Mikroba ini dapat digunakan untuk konversi gula menjadi etanol dengan
kemampuan konversi yang baik, tahan terhadap etanol kadar tinggi, tahan
terhadap pH rendah, dan tahan terhadap temperatur tinggi (Suyandra, 2007).
Namun, proses fermentasi menggunakan cara konvensional yaitu dengan
mencampurkan sel ragi (Saccharomyces cerevisiae) ini mempunyai kelemahan
karena pemisahan produk lebih sulit dan sel ragi yang bercampur dengan produk
sulit dipisahkan. Untuk mengatasi kelemahan cara konvensional, dilakukan
dengan teknik enkapsulasi sel untuk memproduksi etanol dengan menggunakan
bahan baku limbah kulit kopi (Sebayang, 2006).
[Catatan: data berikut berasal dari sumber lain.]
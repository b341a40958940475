-- ===== src/VppConfigGenerator.antt =====
-- resources/libraries/python/VppConfigGenerator.py: the startup configuration of VPP, its tree, its text,
-- and the generator that writes it. The command on the node is a parameter.
pub mod Settings
pub mod Methods
pub mod Paths
pub mod Outline
pub mod Lined
pub mod Reading
pub mod Commands
pub mod Devices
mod Tests
use csit.Base.{
  ℕ, zero, suc, ◌+◌, ◌-◌, leb, ◌==◌, Bool, true, false, ◌&&◌, ◌||◌, not, Option, none, some, List,
  [], ◌∷◌, ◌++◌, if◌then◌else◌,
}
use csit.Base.Int.{ℤ, show_int}
use csit.Base.Text.{Text, codes, text_eq, join}
use csit.Base.Result.{Result, ok, raise, ◌>>=◌, index_error, type_error, value_error, runtime_error}
use csit.Topology.{Node}

-- A value of the nested dictionary, and the dictionary itself, in insertion order.
mutual
  pub data Item : Type 0 where
    null : Item
    text : Text → Item
    number : ℤ → Item
    listed : List Text → Item
    section : Config → Item

  pub data Config : Type 0 where
    empty : Config
    entry : Text → Item → Config → Config

-- `config[key]`
unfoldable pub find : Text → Config → Option Item
find key empty = none
find key (entry k item rest) = if text_eq k key then some item else find key rest

-- `config[key] = item`
unfoldable pub assign : Text → Item → Config → Config
assign key item empty = entry key item empty
assign key item (entry k old rest) =
    let later = assign key item rest in
    if text_eq k key then entry key item rest else entry k old later

-- The dictionary below a key: a new one for no value, a text turned into a key. What is neither a text
-- nor a dictionary takes no items.
abbrev pub below : Option Item → Result Config
below none = ok empty
below (some null) = raise type_error
below (some (text [])) = ok empty
below (some (text (c ∷ s))) = ok (entry (c ∷ s) (text []) empty)
below (some (number n)) = raise type_error
below (some (listed values)) = raise type_error
below (some (section config)) = ok config

unfoldable pub add_config_item : Config → Item → List Text → Result Config
add_config_item config value [] = raise index_error
add_config_item config value (key ∷ []) = ok (assign key value config)
add_config_item config value (key ∷ next ∷ path) = do
  inner ← below (find key config)
  changed ← add_config_item inner value (next ∷ path)
  ok (assign key (section changed) config)

-- `level * indent`
abbrev pub indent : ℕ → Text
indent zero = []
indent (suc level) = 32 ∷ 32 ∷ indent level

abbrev pub line : ℕ → Text → Text
line depth s = indent depth ++ s ++ 10 ∷ []

-- The braces around what `dump_config` writes at a depth, which is one more than its level.
abbrev pub braced : ℕ → Text → Text
braced zero body = body
braced (suc level) body = line level (codes "{") ++ body ++ line level (codes "}")

abbrev pub values_text : ℕ → List Text → Text
values_text depth [] = []
values_text depth (value ∷ values) = line depth value ++ values_text depth values

-- What `dump_config` appends for one item, and for all items of a dictionary.
unfoldable mutual
  pub dump_item : Text → Item → ℕ → Text
  dump_item key null depth = line depth (key ++ 32 ∷ codes "None")
  dump_item key (text s) depth = line depth (key ++ 32 ∷ s)
  dump_item key (number n) depth = line depth (key ++ 32 ∷ show_int n)
  dump_item key (listed values) depth =
      line depth key ++ braced (suc depth) (values_text (suc depth) values)
  dump_item key (section config) depth =
      line depth key ++ braced (suc depth) (dump_items config (suc depth))

  pub dump_items : Config → ℕ → Text
  dump_items empty depth = []
  dump_items (entry key item rest) depth = dump_item key item depth ++ dump_items rest depth

unfoldable pub dump_config : Config → Text
dump_config config = braced 0 (dump_items config 0)

abbrev pub is_hex : ℕ → Bool
is_hex c = (leb 48 c && leb c 57) || (leb 65 c && leb c 70) || (leb 97 c && leb c 102)

-- What a character of an address has to be: a digit, or a given character.
abbrev pub fits : List (Option ℕ) → Text → Bool
fits [] [] = true
fits [] (c ∷ s) = c == 10 && text_eq s []
fits (p ∷ ps) [] = false
fits (none ∷ ps) (c ∷ s) = is_hex c && fits ps s
fits (some d ∷ ps) (c ∷ s) = c == d && fits ps s

abbrev pub pci_pattern : List (Option ℕ)
pci_pattern =
    none ∷ none ∷ none ∷ none ∷ some 58 ∷ none ∷ none ∷ some 58 ∷ none ∷ none ∷ some 46 ∷ none ∷ []

-- The end `$` of the pattern also comes before a line feed that is the last character.
unfoldable pub pci_dev_check : Text → Result (Unit {0})
pci_dev_check pci_dev = if fits pci_pattern pci_dev then ok tt else raise value_error

-- The attributes; before `set_node` the node is a text, which has no keys.
pub record VppConfigGenerator : Type 0 where
  pub node : Option Node
  pub node_key : Option Text
  pub nodeconfig : Config
  pub vpp_config : Text
  pub vpp_service_name : Text
  pub vpp_logfile : Text
  pub vpp_startup_conf : Text
  pub vpp_startup_conf_backup : Option Text

unfoldable pub init : VppConfigGenerator
init = record {
  node = none;
  node_key = some [];
  nodeconfig = empty;
  vpp_config = [];
  vpp_service_name = codes "vpp";
  vpp_logfile = codes "/tmp/vpe.log";
  vpp_startup_conf = codes "/etc/vpp/startup.conf";
  vpp_startup_conf_backup = none;
}

-- The generator that a method leaves, and how the method ends.
abbrev pub Outcome : Type 0
Outcome = VppConfigGenerator × Result (Unit {0})

unfoldable pub set_node : VppConfigGenerator → Node → Option Text → Outcome
set_node self node node_key =
    if text_eq node.kind (codes "DUT")
    then (record self { node = some node; node_key = node_key }, ok tt)
    else (self, raise runtime_error)

unfoldable pub set_vpp_logfile : VppConfigGenerator → Text → VppConfigGenerator
set_vpp_logfile self logfile = record self { vpp_logfile = logfile }

unfoldable pub set_vpp_startup_conf_backup : VppConfigGenerator → Option Text → VppConfigGenerator
set_vpp_startup_conf_backup self backup = record self { vpp_startup_conf_backup = backup }

-- `self.dump_config(self._nodeconfig)`
abbrev pub dumped : VppConfigGenerator → VppConfigGenerator
dumped self = record self { vpp_config = self.vpp_config ++ dump_config self.nodeconfig }

unfoldable pub get_config_str : VppConfigGenerator → VppConfigGenerator × Text
get_config_str self = (dumped self, (dumped self).vpp_config)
Enkapsulasi juga merupakan salah satu cara untuk mencegah kerusakan
dan berkurangnya jumlah mikroba dalam produksi bioetanol. Proses enkapsulasi
telah banyak digunakan dalam industri kimia, farmasi dan makanan dalam tujuan
untuk melindungi senyawa aktif dari kondisi lingkungan (oksigen, air, asam,
interaksi dengan bahan-bahan lain), yang dapat mempengaruhi stabilitas selama
pemrosesan, untuk memberikan pelepasan terkontrol atau untuk mengubah sifat
fisik, mengurangi kekakuan selama penyimpanan atau transportasi (Carranza,
dkk, 2013). Proses enkapsulasi Saccharomyces cerevisiae dapat dilakukan dalam
kalsium alginat. Fermentasi etanol dengan menggunakan sistem enkapsulasi sel
memberikan hasil yang lebih baik dibandingkan dengan cara konvensional karena
dengan menggunakan sel terimobilisasi pemisahan produk lebih mudah serta
stabilitas sel dapat dipertahankan (Yekta, 2000).

1.2 Tujuan Penulisan

a. Mengetahui produksi bioetanol dari limbah kulit kopi dengan metode
fermentasi dan enkapsulasi Saccharomyces cerevisiae dalam kalsium
alginat.
b. Mengetahui pengaruh enkapsulasi mikroba terhadap produksi bioetanol
yang dihasilkan.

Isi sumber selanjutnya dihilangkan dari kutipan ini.